If you haven't already done so, you might find the current thread on making a start with Wagner of some interest. I'm by no means as sceptical as you about opera generally, but I'm not hugely enthusaistic either. I'm somewhere in the middle, and have, over the years, grown fond of Wagner. I cannot sit through any of the entire operas, but I'm further on than merely listening to the odd 5 minutes or so of the most well known sections. I have found some so-called "highlight" CDs that provide a happy compromise. These give the best bits and are roughly only about a third of the full works. I've done the same for Mozart. I'm very happy with the results, as it enables me to enjoy a whole genre of classical music without becoming too immersed in the nitty griity of it all, which doesn't interest me at all.


----------



## Sid James (Feb 7, 2009)

I’ve done that with opera also. It’s a good way to get a taste of a variety of operas. I also enjoyed some operas in full on DVD (including Wagner’s).I also had a chance to attend a few live performances. As a one off experience they where quite good. In contrast to my broadening of interest in instrumental music, opera has at best been a minor interest. Now it’s virtually non existent.


----------



## janxharris (May 24, 2010)

Sid James said:


> I've done that with opera also. It's a good way to get a taste of a variety of operas. I also enjoyed some operas in full on DVD (including Wagner's).I also had a chance to attend a few live performances. As a one off experience they where quite good. In contrast to my broadening of interest in instrumental music, opera has at best been a minor interest. Now it's virtually non existent.

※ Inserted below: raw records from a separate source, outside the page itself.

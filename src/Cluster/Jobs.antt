-- ===== src/Cluster/Jobs.antt =====
-- mocklsf/models.py: a job of the mock LSF, one row of its database. A time is a number of
-- microseconds.
use pyqt_lsf_job_manager.Base.{Bool, Option, String, false, string_key, true, ℕ, ℤ, ◌==◌}
use pyqt_lsf_job_manager.States.{Time}

pub data Stat : Type 0 where
  pend run done exit psusp ususp ssusp : Stat

abbrev pub stat_rank : Stat → ℕ
stat_rank Stat.pend = 0
stat_rank Stat.run = 1
stat_rank Stat.done = 2
stat_rank Stat.exit = 3
stat_rank Stat.psusp = 4
stat_rank Stat.ususp = 5
stat_rank Stat.ssusp = 6

abbrev pub same_stat : Stat → Stat → Bool
same_stat a b = stat_rank a == stat_rank b

-- `FINISHED_STATES` and `ACTIVE_STATES`
abbrev pub is_finished : Stat → Bool
is_finished Stat.done = true
is_finished Stat.exit = true
is_finished _ = false

abbrev pub is_occupying : Stat → Bool
is_occupying Stat.run = true
is_occupying Stat.ssusp = true
is_occupying Stat.ususp = true
is_occupying _ = false

pub record Job : Type 0 where
  pub job_id : ℕ
  pub queue : String
  pub submit_time : Time
  pub stat : Stat
  pub array_index : Option ℕ
  pub array_limit : ℕ
  pub exec_host : Option String
  pub start_time : Option Time
  pub finish_time : Option Time
  pub pend_secs : Time
  pub run_secs : Time
  pub planned_outcome : Stat
  pub exit_code : ℤ
  pub suspend_at : Time
  pub suspend_secs : Time
  pub susp_since : Time
  pub num_cpus : ℕ
  pub requested_hosts : String
  pub job_group : String
  pub row_id : ℕ
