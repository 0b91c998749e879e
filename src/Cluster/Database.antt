-- ===== src/Cluster/Database.antt =====
-- mocklsf/db.py: the tables of jobs, of events and of counters. A statement of SQL is one step.
use pyqt_lsf_job_manager.Base.{
  Bool, List, Option, String, [], any, filter, if◌then◌else◌, leb, ltb, map, same_int, same_nat,
  same_option, string_key, ℕ, ℤ, ◌&&◌, ◌++◌, ◌+◌, ◌==◌, ◌||◌, ◌∷◌,
}
use pyqt_lsf_job_manager.States.{Time, same_text}
use pyqt_lsf_job_manager.Cluster.Jobs.{Job, Stat, same_stat}

pub data Kind : Type 0 where
  dispatched : String → Kind
  ended : Stat → ℤ → Kind
  suspended resumed : Kind

pub record Logged : Type 0 where
  pub job_id : ℕ
  pub array_index : Option ℕ
  pub ts : Time
  pub kind : Kind

pub record Database : Type 0 where
  pub rows : List Job
  pub events : List Logged
  pub counter : ℕ

unfoldable pub next_job_id : Database → ℕ × Database
next_job_id d = (d.counter + 1, record d { counter = d.counter + 1 })

-- `ORDER BY submit_time, row_id`
abbrev pub goes_before : Job → Job → Bool
goes_before a b =
    ltb a.submit_time b.submit_time || (a.submit_time == b.submit_time && leb a.row_id b.row_id)

unfoldable pub insert_by : (Job → Job → Bool) → Job → List Job → List Job
insert_by before a [] = a ∷ []
insert_by before a (b ∷ bs) = if before a b then a ∷ b ∷ bs else b ∷ insert_by before a bs

unfoldable pub sort_by : (Job → Job → Bool) → List Job → List Job
unfolding insert_by
sort_by before [] = []
sort_by before (a ∷ as') = insert_by before a (sort_by before as')

unfoldable pub jobs_in_states : (Stat → Bool) → Database → List Job
jobs_in_states p d = sort_by goes_before (filter (λ j. p j.stat) d.rows)

-- The guard of the compare-and-set: the row of the job, with the columns as they were read.
unfoldable pub is_as_read : Job → Job → Bool
is_as_read prev row =
    row.row_id == prev.row_id
    && same_stat row.stat prev.stat
    && same_option same_text row.exec_host prev.exec_host
    && same_option same_nat row.start_time prev.start_time
    && same_option same_nat row.finish_time prev.finish_time
    && same_int row.exit_code prev.exit_code
    && row.pend_secs == prev.pend_secs
    && row.susp_since == prev.susp_since

-- The columns that the scheduler writes.
abbrev pub with_columns : Job → Job → Job
with_columns j row = record row {
  stat = j.stat;
  exec_host = j.exec_host;
  start_time = j.start_time;
  finish_time = j.finish_time;
  exit_code = j.exit_code;
}

unfoldable pub update_guarded : Job → Job → List Job → List Job
update_guarded j prev = map (λ row. if is_as_read prev row then with_columns j row else row)

-- The pairs that took effect come back, in their order.
unfoldable pub update_guarded_many : List (Job × Job) → List Job → List (Job × Job) × List Job
update_guarded_many [] rows = ([], rows)
update_guarded_many ((j, prev) ∷ pairs) rows =
    let (applied, rows') = update_guarded_many pairs (update_guarded j prev rows) in
    ((if any (is_as_read prev) rows then (j, prev) ∷ applied else applied), rows')

unfoldable pub log_event : Logged → Database → Database
log_event e d = record d { events = d.events ++ e ∷ [] }
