-- ===== src/Codec/Compression.antt =====
-- The LZ4 filter and the default chain, from what `lz4_flex` documents.
use crossbank.Prelude.{ℕ, ◌≤◌, ◌<◌, ◌^◌, ◌≡◌, refl, false, Option, some, arith, take, length, ltb}
use crossbank.Error.{ok}
use crossbank.Bytes.{Bytes}
use crossbank.Bytes.Number.{from_le}
use crossbank.Codec.Filters.{lz4, lz4_forward, lz4_reverse, max_decoded_bytes}
use crossbank.Codec.Chain.{default_chain, seal, unseal}
use crossbank.Codec.RoundTrip.{Inverts, unseal-seal}
use crossbank.Codec.Checksum.{crc32-Inverts}

-- The contract of `compress_prepend_size` and `decompress_size_prepended` on one payload: the output
-- begins with the payload's length in four little-endian bytes, and decompresses to the payload.
pub record Compresses (compress : Bytes → Bytes) (decompress : Bytes → Option Bytes) (x : Bytes)
    : Type 0 where
  pub prefixed : 4 ≤ length (compress x)
  pub declared : from_le (take 4 (compress x)) ≡ length x
  pub restored : decompress (compress x) ≡ some x

module _ (compress : Bytes → Bytes) (decompress : Bytes → Option Bytes) where
  pub lz4-Inverts :
      (x : Bytes)
      → Compresses compress decompress x
      → length x ≤ max_decoded_bytes
      → Inverts (lz4 compress decompress) x
  unfolding lz4 lz4_forward lz4_reverse
  lz4-Inverts x c h y e =
      let same : y ≡ compress x = ground arith in
      let long : ltb (length (compress x)) 4 ≡ false = ground (arith, c.prefixed) in
      let fits : ltb max_decoded_bytes (length x) ≡ false = ground arith in
      rw (same, long, c.declared, fits, c.restored) refl

  -- The default chain opens what it has sealed, for a payload of at most 256 MiB.
  pub unseal-seal_default :
      (hash : Bytes → ℕ) (payload stored : Bytes)
      → ((x : Bytes) → hash x < 256 ^ 4)
      → Compresses compress decompress payload
      → length payload ≤ max_decoded_bytes
      → seal (default_chain hash compress decompress) payload ≡ ok stored
      → unseal (default_chain hash compress decompress) stored ≡ ok payload
  unseal-seal_default hash payload stored small c h =
      unseal-seal (default_chain hash compress decompress) payload stored
        (lz4-Inverts payload c h, λ y e. (crc32-Inverts hash small y, λ z f. tt))
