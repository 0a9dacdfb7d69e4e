-- ===== src/Key.antt =====
-- src/key.rs: a stored key is the locker's id, big endian, and the user's key bytes.
pub mod Laws
pub mod Scope
use crossbank.Prelude.{
  ℕ, ◌==◌, Bool, true, false, not, List, [], ◌∷◌, ◌++◌, length, take, drop, ltb, if◌then◌else◌,
}
use crossbank.Error.{Result, ok, err, corrupt, short_key, foreign_locker, ◌>>=◌}
use crossbank.Bytes.{Bytes, bytes_lt, bytes_le}
use crossbank.Bytes.Number.{to_be, from_be}
use crossbank.Backend.Api.{Bound, unbounded, included, excluded, KeyRange, prefix}

abbrev pub LockerId : Type 0
LockerId = ℕ

abbrev prefix_len : ℕ
prefix_len = 4

unfoldable pub encode_bytes : LockerId → Bytes → Bytes
encode_bytes locker key = to_be prefix_len locker ++ key

unfoldable pub decode_bytes : LockerId → Bytes → Result Bytes
decode_bytes locker encoded =
    if ltb (length encoded) prefix_len
    then err (corrupt (short_key (length encoded)))
    else let found = from_be (take prefix_len encoded) in
      if found == locker
      then ok (drop prefix_len encoded)
      else err (corrupt (foreign_locker found locker))

unfoldable pub locker_range : LockerId → KeyRange
locker_range locker = prefix (to_be prefix_len locker)

unfoldable prefix_range_bytes : LockerId → Bytes → KeyRange
prefix_range_bytes locker p = prefix (encode_bytes locker p)

-- One `match` of `encode_range_bytes`; `edge` is the locker's own bound on that side.
unfoldable pub encode_bound : LockerId → Bound Bytes → Bound Bytes → Bound Bytes
encode_bound locker edge unbounded = edge
encode_bound locker edge (included k) = included (encode_bytes locker k)
encode_bound locker edge (excluded k) = excluded (encode_bytes locker k)

unfoldable pub encode_range_bytes : LockerId → Bound Bytes → Bound Bytes → KeyRange
unfolding encode_bound
encode_range_bytes locker start finish =
    let locker_bounds = locker_range locker in
    record {
      start = encode_bound locker locker_bounds.start start;
      finish = encode_bound locker locker_bounds.finish finish;
    }

unfoldable pub is_degenerate : Bound Bytes → Bound Bytes → Bool
is_degenerate unbounded finish = false
is_degenerate (included s) unbounded = false
is_degenerate (excluded s) unbounded = false
is_degenerate (included s) (included e) = bytes_lt e s
is_degenerate (included s) (excluded e) = bytes_le e s
is_degenerate (excluded s) (included e) = bytes_le e s
is_degenerate (excluded s) (excluded e) = bytes_le e s
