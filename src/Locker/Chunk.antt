-- ===== src/Locker/Chunk.antt =====
-- src/locker/chunk.rs: the pointer that `records` holds for a chunked value, the keys of its pieces,
-- and the bank-wide allocator of value ids.
pub mod Pointer
pub mod Ids
pub mod Fresh
use crossbank.Prelude.{
  ℕ, ◌+◌, ◌^◌, max, ◌&&◌, Bool, true, false, Option, none, some, List, [], ◌∷◌, ◌++◌, take, length,
  ltb, ◌==◌, if◌then◌else◌,
}
use mathlib.Core.Option
use crossbank.Error.{
  Result, ok, err, panic, backend, corrupt, not_a_pointer, unsupported_version, over_limit,
  too_many_chunks, bad_counter, short_chunk_key, ids_exhausted, ◌>>=◌,
}
use crossbank.Bytes.{Bytes, bytes_eq}
use crossbank.Bytes.Number.{to_be, from_be}
use crossbank.Bytes.Slices.{byte_at, slice}
use crossbank.Backend.Api.{
  meta, chunks, KeyRange, all, prefix, Op, put, delete_range, ScanRequest, ScanPage,
}
use crossbank.Backend.Memory
use crossbank.Backend.Memory.{MemoryBackend}
use crossbank.Codec.Filters.{max_decoded_bytes}

abbrev pub pointer_magic : Bytes
pointer_magic = b'C' ∷ b'C' ∷ b'H' ∷ b'K' ∷ []

abbrev pub pointer_version : ℕ
pointer_version = 1

abbrev pointer_len : ℕ
pointer_len = 26

abbrev pub flag_postcard : ℕ
flag_postcard = 0

abbrev pub flag_raw : ℕ
flag_raw = 1

pub record ChunkPointer : Type 0 where
  pub value_id : ℕ
  pub n_chunks : ℕ
  pub total_len : ℕ
  pub flags : ℕ

unfoldable pub encode : ChunkPointer → Bytes
encode p =
    pointer_magic
    ++ (pointer_version
        ∷ p.flags
        ∷ (to_be 8 p.value_id ++ (to_be 4 p.n_chunks ++ to_be 8 p.total_len)))

-- The two limits of `parse`, and its result.
unfoldable pub within_limits : ChunkPointer → Result ChunkPointer
within_limits p =
    if ltb max_decoded_bytes p.total_len
    then err (corrupt (over_limit p.total_len))
    else if ltb p.total_len p.n_chunks
    then err (corrupt (too_many_chunks p.n_chunks p.total_len))
    else ok p

unfoldable pub parse : Bytes → Result ChunkPointer
unfolding within_limits
parse raw =
    if (length raw == pointer_len) && bytes_eq (slice 0 4 raw) pointer_magic
    then if byte_at 4 raw == pointer_version
      then within_limits (record {
        value_id = from_be (slice 6 14 raw);
        n_chunks = from_be (slice 14 18 raw);
        total_len = from_be (slice 18 26 raw);
        flags = byte_at 5 raw;
      })
      else err (unsupported_version (byte_at 4 raw) pointer_version)
    else err (corrupt not_a_pointer)

unfoldable pub is_pointer : Bytes → Bool
is_pointer raw = if ltb (length raw) 4 then false else bytes_eq (take 4 raw) pointer_magic

unfoldable pub chunk_key : ℕ → ℕ → Bytes
chunk_key value_id seq = to_be 8 value_id ++ to_be 4 seq

unfoldable pub chunk_range : ℕ → KeyRange
chunk_range value_id = prefix (to_be 8 value_id)

-- "next_value_id"
abbrev pub meta_next_value_id : Bytes
meta_next_value_id =
    b'n' ∷ b'e' ∷ b'x' ∷ b't' ∷ b'_' ∷ b'v' ∷ b'a' ∷ b'l' ∷ b'u' ∷ b'e' ∷ b'_' ∷ b'i' ∷ b'd' ∷ []

unfoldable pub counter_op_for : ℕ → Op
counter_op_for next = put meta meta_next_value_id (to_be 8 next)

unfoldable pub parse_counter : Option Bytes → Result ℕ
parse_counter none = ok 0
parse_counter (some bytes) =
    if length bytes == 8 then ok (from_be bytes) else err (corrupt bad_counter)

-- `checked_add(1)` on a `u64`.
unfoldable pub advance : ℕ → Result ℕ
advance id = if ltb (id + 1) (2 ^ 64) then ok (id + 1) else err (backend ids_exhausted)

-- The cursor: the next id, once it is seeded. A call returns its result and the cursor it leaves.
abbrev pub ValueIds : Type 0
ValueIds = Option ℕ

-- `*guard = Some(advance(id)?); Ok(…)`: the cursor moves only if it can.
unfoldable pub issue {ℓ} : {A : Type ℓ} → ValueIds → ℕ → A → Result A × ValueIds
issue cursor id a = elim (advance id) [
  | ok next ↦ (ok a, some next)
  | err e ↦ (err e, cursor)
  | panic ↦ (panic, cursor)
]

-- `ValueIds::take`
unfoldable pub take_id : ValueIds → Result (Option ℕ) × ValueIds
unfolding issue
take_id none = (ok none, none)
take_id (some id) = issue (some id) id (some id)

unfoldable pub seed_and_take : ValueIds → ℕ → Result ℕ × ValueIds
unfolding issue
seed_and_take none stored = issue none stored stored
seed_and_take (some current) stored = issue (some current) (max current stored) (max current stored)

-- The id of the first key of a page.
unfoldable pub id_of_first : List (Bytes × Option Bytes) → Result (Option ℕ)
id_of_first [] = ok none
id_of_first ((key, v) ∷ rest) =
    if ltb (length key) 8 then err (corrupt short_chunk_key) else ok (some (from_be (take 8 key)))

unfoldable pub highest_stored_id : MemoryBackend → Result (Option ℕ)
unfolding id_of_first
highest_stored_id b = do
  page ←
      Memory.scan b
        (record { table = chunks; range = all; is_reverse = true; limit = 1; want_values = false })
  id_of_first page.items

unfoldable pub above_id : ℕ → Option ℕ → Result ℕ
above_id stored none = ok stored
above_id stored (some id) = do next ← advance id; ok (max stored next)

unfoldable pub seed_floor : MemoryBackend → Result ℕ
unfolding above_id
seed_floor b = do
  raw ← Memory.get b meta meta_next_value_id
  stored ← parse_counter raw
  highest ← highest_stored_id b
  above_id stored highest

-- The second half of `allocate`, with the answer of `seed_floor`.
unfoldable pub allocate_seeding : Result ℕ → ValueIds → Result ℕ × ValueIds
allocate_seeding (ok floor) cursor = seed_and_take cursor floor
allocate_seeding (err e) cursor = (err e, cursor)
allocate_seeding panic cursor = (panic, cursor)

unfoldable pub allocate_from : MemoryBackend → Result (Option ℕ) × ValueIds → Result ℕ × ValueIds
unfolding allocate_seeding
allocate_from b (ok (some id), cursor) = (ok id, cursor)
allocate_from b (ok none, cursor) = allocate_seeding (seed_floor b) cursor
allocate_from b (err e, cursor) = (err e, cursor)
allocate_from b (panic, cursor) = (panic, cursor)

-- `ValueIds::allocate`, with nothing between its two halves.
unfoldable pub allocate : MemoryBackend → ValueIds → Result ℕ × ValueIds
unfolding take_id allocate_from
allocate b cursor = allocate_from b (take_id cursor)

-- `ValueIds::counter_op`
unfoldable pub counter_op : ValueIds → Option Op
unfolding counter_op_for
counter_op cursor = Option.map counter_op_for cursor

unfoldable pub gc_ops : ChunkPointer → Op
gc_ops p = delete_range chunks (chunk_range p.value_id)
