-- ===== src/Coherence.antt =====
-- src/coherence/api.rs: the news of a commit, for the other tabs.
pub mod LastChange
pub mod Mirror
use crossbank.Prelude.{
  ℕ, ◌+◌, Bool, true, false, ◌&&◌, not, Option, none, some, List, [], ◌∷◌, ◌++◌, if◌then◌else◌, leb,
  length,
}
use crossbank.Error.{Result, ok, err, panic}
use crossbank.Bytes.{Bytes, bytes_eq}
use crossbank.Backend.Api.{
  Table, records, Bound, unbounded, included, excluded, KeyRange, Op, put, delete, delete_range,
}
use crossbank.Key.{LockerId, decode_bytes, locker_range}
use crossbank.Locker.Chunk.{ChunkPointer, parse, is_pointer}

abbrev pub inline_limit : ℕ
inline_limit = 4096

pub record Change : Type 0 where
  pub key : Bytes
  pub value : Option Bytes
  pub bytes : Option ℕ
  pub is_deleted : Bool

pub record Announcement : Type 0 where
  pub instance_id : ℕ
  pub locker_id : LockerId
  pub epoch : ℕ
  pub is_cleared : Bool
  pub changes : List Change

unfoldable pub bound_eq : Bound Bytes → Bound Bytes → Bool
bound_eq unbounded unbounded = true
bound_eq (included a) (included b) = bytes_eq a b
bound_eq (excluded a) (excluded b) = bytes_eq a b
bound_eq _ _ = false

unfoldable pub range_eq : KeyRange → KeyRange → Bool
unfolding bound_eq
range_eq r s = bound_eq r.start s.start && bound_eq r.finish s.finish

unfoldable total_len_of : Result ChunkPointer → Option ℕ
total_len_of (ok p) = some p.total_len
total_len_of (err e) = none
total_len_of panic = none

-- The change that a put of a record is.
unfoldable pub put_change : Bytes → Bytes → Change
unfolding total_len_of
put_change user_key value =
    let pointer = is_pointer value in
    record {
      key = user_key;
      value = if leb (length value) inline_limit && not pointer then some value else none;
      bytes = if pointer then total_len_of (parse value) else none;
      is_deleted = false;
    }

abbrev pub delete_change : Bytes → Change
delete_change user_key = record { key = user_key; value = none; bytes = none; is_deleted = true }

-- Whether the locker was cleared, and the changes since.
abbrev pub News : Type 0
News = Bool × List Change

unfoldable pub push : News → (Bytes → Change) → Result Bytes → News
push (is_cleared, changes) change (ok user_key) = (is_cleared, changes ++ (change user_key ∷ []))
push (is_cleared, changes) change (err e) = (is_cleared, changes)
push (is_cleared, changes) change panic = (is_cleared, changes)

-- One round of the loop over the mutations.
unfoldable pub news_step : LockerId → News → Op → News
unfolding push put_change range_eq
news_step id news (put records key value) =
    push news (λ k. put_change k value) (decode_bytes id key)
news_step id news (delete records key) = push news delete_change (decode_bytes id key)
news_step id news (delete_range records r) =
    if range_eq r (locker_range id) then (true, []) else news
news_step id news _ = news

unfoldable pub news_of : LockerId → News → List Op → News
unfolding news_step
news_of id news [] = news
news_of id news (op ∷ ops) = news_of id (news_step id news op) ops

unfoldable pub announce_news : ℕ → LockerId → ℕ → News → Option Announcement
announce_news instance_id id epoch (false, []) = none
announce_news instance_id id epoch (is_cleared, changes) = some (record {
  instance_id = instance_id;
  locker_id = id;
  epoch = epoch;
  is_cleared = is_cleared;
  changes = changes;
})

unfoldable pub announcement_from_ops : ℕ → LockerId → ℕ → List Op → Option Announcement
unfolding announce_news news_of
announcement_from_ops instance_id id epoch ops =
    announce_news instance_id id epoch (news_of id (false, []) ops)
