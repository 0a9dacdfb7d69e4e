-- ===== src/Coherence/LastChange.antt =====
-- src/coherence/api.rs: the last change of a key in the news.
use crossbank.Prelude.{◌≡◌, refl, sym, Option, none, some, List, [], ◌∷◌, ◌++◌, if◌then◌else◌}
use crossbank.Bytes.{Bytes, bytes_eq}
use crossbank.Coherence.{Change}

-- The last change of a key.
abbrev or_change : Option Change → Option Change → Option Change
or_change none d = d
or_change (some c) d = some c

abbrev of_key : Bytes → Change → Option Change
of_key k c = if bytes_eq c.key k then some c else none

abbrev pub last_change : Bytes → List Change → Option Change
last_change k [] = none
last_change k (c ∷ cs) = or_change (last_change k cs) (of_key k c)

or_change_assoc :
    (a b c : Option Change) → or_change (or_change a b) c ≡ or_change a (or_change b c)
or_change_assoc none b c = refl
or_change_assoc (some x) b c = refl

or_change-none : (a : Option Change) → or_change a none ≡ a
or_change-none none = refl
or_change-none (some x) = refl

pub last_change-snoc :
    (k : Bytes) (cs : List Change) (c : Change)
    → last_change k (cs ++ c ∷ []) ≡ or_change (of_key k c) (last_change k cs)
last_change-snoc k [] c = sym (or_change-none (of_key k c))
last_change-snoc k (d ∷ cs) c =
    rw (last_change-snoc k cs c) (or_change_assoc (of_key k c) (last_change k cs) (of_key k d))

Is it the singing style that is problematic? Vibrato?


----------



## Sid James (Feb 7, 2009)

Could be related to that sort of thing but I’m not at all bothered by the whys and wherefores of my taste in music. I’ve come to accept myself as a listener.


----------



## janxharris (May 24, 2010)

Sid James said:


> Could be related to that sort of thing but I'm not at all bothered by the whys and wherefores of my taste in music. I've come to accept myself as a listener.


I often wish singers wouldn't use vibrato - or at least only occasionally. The trumpet is also a no-no in this respect for me - I find it incredibly irritating.

We're all different I guess.


----------



## Hermastersvoice (Oct 15, 2018)

May I respectfully suggest that the only way of appreciating opera is by going to the opera. Opera is a living art form, it needs to be lived out in front of you, in real time, to be appreciated. Everything else is a tinned substitute. Like tuna and tinned tuna, or mash potatoes and potato powder. Preferably, pick performances with singers, actors, conductors who have the bit of je-ne-sais-quoi.


----------



## Enthusiast (Mar 5, 2016)

^ Opera live can be an incredible experience but a lot of opera - and certainly Mozart, Handel, Wagner and Britten - works well as pure music.


----------



## Hermastersvoice (Oct 15, 2018)

Yes, and I sometimes put a tin of tuna in my salad. But I do appreciate that it’s not IT.


----------



## Sid James (Feb 7, 2009)

Some people don’t like seafood at all, no matter whether its fresh or canned.


----------



## DavidA (Dec 14, 2012)

DaveM said:


> In one's journey through classical music, opera sometimes takes a little longer to get used to. Give it time.
> 
> The great Sull'aria from Mozart's Figaro had an effect even on the prison population in The Shawshank Redemption.


One of the movies everyone goes wild about but I can't stand is the Shawshank Redemption


----------



## Guest (May 30, 2019)

DavidA said:


> One of the movies everyone goes wild about but I can't stand is the Shawshank Redemption


It just shows how different we all are. I like Shawshank Redemption a great deal. It's one of my favourite films of all time. I think the plot is very good, the acting superb throughout, and I've never felt so cheered as near the end when the prison bosses get their come-uppance with the arrival of the local sheriff. The Mozart aria was one of the most inspired musical insertions that I can think of, with no other piece that would have fitted the bill quite so well.


----------



## Hermastersvoice (Oct 15, 2018)

Sid James. But it’s meaningless to say that you like seafood if you’ve only ever tested the tinned variety. You don’t actually know.


----------



## Open Book (Aug 14, 2018)

Enthusiast said:


> ^ Opera live can be an incredible experience but a lot of opera - and certainly Mozart, Handel, Wagner and Britten - works well as pure music.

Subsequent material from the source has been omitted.